Hi all,

My company is developing a payment system which runs its pages from https. The plan is that our customers (who are online retailers) will be able to utilize the payment system from within their own sites inside an iframe.

Now Ive checked and it seems fine to have the payments pages served as an iframe running https, with the outside (retailers) page running http.

However, we would like to set it up such that the retailer could also serve their end of the payment pages (i.e. the pages that contain the iframe) as https also.

My question is: Is having the retailers page as https, with https payment screens inside an iframe (running a separate certificate), going to mess up the security or cause security warnings to appear from the browsers of people using the sites?

Thanks,
-Mark-

I don't see if messing up security unless the certificates are from a different authority or if the security procedures on your end aren't the same as the payment processing end. Browsers might not like it though, and there might be some data conversion issues, though I'm terribly sure.
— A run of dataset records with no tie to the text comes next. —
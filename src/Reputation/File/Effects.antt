-- ===== src/Reputation/File/Effects.antt =====
-- The files of a disk, as the reputation store sees them, and what the operations of the file
-- system do to them. Permissions and directories are left aside.
use native.Mathlib.Decide.{ℕ_discrete}
use mathlib.Core.List.{List-discrete}
use mathlib.Core.Logic.{ite, if_pos, if_neg}
use acip_sidecar.Prelude.{
  ℕ, suc, zero, ◌≡◌, refl, ◌≢◌, ◌∙◌, sym, ap, ◌⊎◌, inl, inr, Option, none, some, List, [], ◌∷◌,
  ◌++◌, map, take, push, All, append_assoc, append-nil,
}
use acip_sidecar.Text.{Text}

-- A path as `Path::parent` and `Path::file_name` take it apart.
pub record FilePath : Type 0 where
  pub parent : Option Text
  pub file_name : Option Text

pub FilePath-discrete : Discrete FilePath
FilePath-discrete = hlevel (ℕ_discrete, List-discrete)

abbrev pub Bytes : Type 0
Bytes = List ℕ

abbrev pub Disk : Type 0
Disk = FilePath → Option Bytes

pub put : FilePath → Option Bytes → Disk → Disk
put p v disk q = ite (FilePath-discrete p q) v (disk q)

pub put_self : (p : FilePath) (v : Option Bytes) (disk : Disk) → put p v disk p ≡ v
unfolding put
put_self p v disk = if_pos (FilePath-discrete p p) refl v (disk p)

pub put_other : (p q : FilePath) (v : Option Bytes) (disk : Disk) → p ≢ q → put p v disk q ≡ disk q
unfolding put
put_other p q v disk h = if_neg (FilePath-discrete p q) h v (disk q)

-- `create` stands for a new file, or for one that is emptied; a write goes byte by byte.
pub data Effect : Type 0 where
  create : FilePath → Effect
  write_byte : FilePath → ℕ → Effect
  rename_to : FilePath → FilePath → Effect
  remove : FilePath → Effect

append_byte : ℕ → Option Bytes → Option Bytes
append_byte b none = none
append_byte b (some bytes) = some (push bytes b)

pub apply : Effect → Disk → Disk
unfolding append_byte
apply (create p) disk = put p (some []) disk
apply (write_byte p b) disk = put p (append_byte b (disk p)) disk
apply (rename_to p q) disk = put p none (put q (disk p) disk)
apply (remove p) disk = put p none disk

pub apply_all : List Effect → Disk → Disk
unfolding apply
apply_all [] disk = disk
apply_all (e ∷ effects) disk = apply_all effects (apply e disk)

pub apply_all-append :
    (es fs : List Effect) (disk : Disk)
    → apply_all (es ++ fs) disk ≡ apply_all fs (apply_all es disk)
unfolding apply_all
apply_all-append [] fs disk = refl
apply_all-append (e ∷ es) fs disk = apply_all-append es fs (apply e disk)

-- Effects that have nothing to do with a file.
abbrev pub Avoids : FilePath → Effect → Type 0
Avoids p (create q) = q ≢ p
Avoids p (write_byte q b) = q ≢ p
Avoids p (rename_to q r) = (q ≢ p) × (r ≢ p)
Avoids p (remove q) = q ≢ p

apply-Avoids : (p : FilePath) (e : Effect) (disk : Disk) → Avoids p e → apply e disk p ≡ disk p
unfolding apply
apply-Avoids p (create q) disk h = put_other q p _ disk h
apply-Avoids p (write_byte q b) disk h = put_other q p _ disk h
apply-Avoids p (rename_to q r) disk h = put_other q p none _ h.0 ∙ put_other r p _ disk h.1
apply-Avoids p (remove q) disk h = put_other q p none disk h

pub apply_all-Avoids :
    (p : FilePath) (es : List Effect) (disk : Disk)
    → All (Avoids p) es
    → apply_all es disk p ≡ disk p
unfolding apply_all
apply_all-Avoids p [] disk h = refl
apply_all-Avoids p (e ∷ es) disk h =
    apply_all-Avoids p es (apply e disk) h.1 ∙ apply-Avoids p e disk h.0

pub writes-Avoids :
    (p q : FilePath) (bytes : Bytes) → q ≢ p → All (Avoids p) (map (write_byte q) bytes)
writes-Avoids p q [] h = tt
writes-Avoids p q (b ∷ bytes) h = (h, writes-Avoids p q bytes h)

-- A file that is there after a write has the bytes at its end.
pub apply_all-writes :
    (p : FilePath) (bytes old : Bytes) (disk : Disk)
    → disk p ≡ some old
    → apply_all (map (write_byte p) bytes) disk p ≡ some (old ++ bytes)
unfolding apply_all apply append_byte
apply_all-writes p [] old disk h = h ∙ ap some (sym (append-nil old))
apply_all-writes p (b ∷ bytes) old disk h =
    apply_all-writes p bytes (push old b) (apply (write_byte p b) disk)
      (put_self p _ disk ∙ ap (append_byte b) h)
    ∙ ap some (append_assoc old (b ∷ []) bytes)

-- A new file with the bytes.
pub apply_all-new_file :
    (p : FilePath) (bytes : Bytes) (disk : Disk)
    → apply_all (create p ∷ map (write_byte p) bytes) disk p ≡ some bytes
unfolding apply_all apply
apply_all-new_file p bytes disk =
    apply_all-writes p bytes [] (apply (create p) disk) (put_self p (some []) disk)

pub remove_lem : (p q : FilePath) (disk : Disk) → p ≢ q → apply_all (remove p ∷ []) disk q ≡ disk q
unfolding apply_all apply
remove_lem p q disk h = put_other p q none disk h

pub rename_lem :
    (p q : FilePath) (disk : Disk) → p ≢ q → apply_all (rename_to p q ∷ []) disk q ≡ disk p
unfolding apply_all apply
rename_lem p q disk h = put_other p q none _ h ∙ put_self q (disk p) disk

-- A file that is written elsewhere and renamed.
pub apply_all-renamed :
    (temp path : FilePath) (bytes : Bytes) (disk : Disk)
    → temp ≢ path
    → apply_all ((create temp ∷ map (write_byte temp) bytes) ++ rename_to temp path ∷ []) disk path
      ≡ some bytes
apply_all-renamed temp path bytes disk apart =
    let written = create temp ∷ map (write_byte temp) bytes in
    let after = apply_all written disk in
    ap (λ d. d path) (apply_all-append written (rename_to temp path ∷ []) disk)
    ∙ rename_lem temp path after apart
    ∙ apply_all-new_file temp bytes disk

-- Stopped at any moment, a list of effects has run but for its last one, or whole.
pub take-push :
    {A : Type 0} (n : ℕ) (xs : List A) (x : A)
    → (take n (push xs x) ≡ take n xs) ⊎ (take n (push xs x) ≡ push xs x)
take-push zero xs x = inl refl
take-push (suc zero) [] x = inr refl
take-push (suc (suc n)) [] x = inr refl
take-push (suc n) (y ∷ xs) x = elim (take-push n xs x) [
  | inl e ↦ inl (ap (◌∷◌ y) e)
  | inr e ↦ inr (ap (◌∷◌ y) e)
]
Probably wouldn't be a bad idea to test this if you can before deployment.

Thanks for the reply Ryan you seem to be correct.

I tested using a locally generated and authed cert on a page which had an element off an externally certified page (on a different domain). This didnt give any errors (apart from about the duff local cert) and furthermore showed as being secure, whereas pages I tried with a mix of secure (main page) and unsecure (elements) gave security warnings.

As a side note, pages which were unsecure (main page) with secure elements, showed as being completely unsecured, but equally gave no warnings or errors.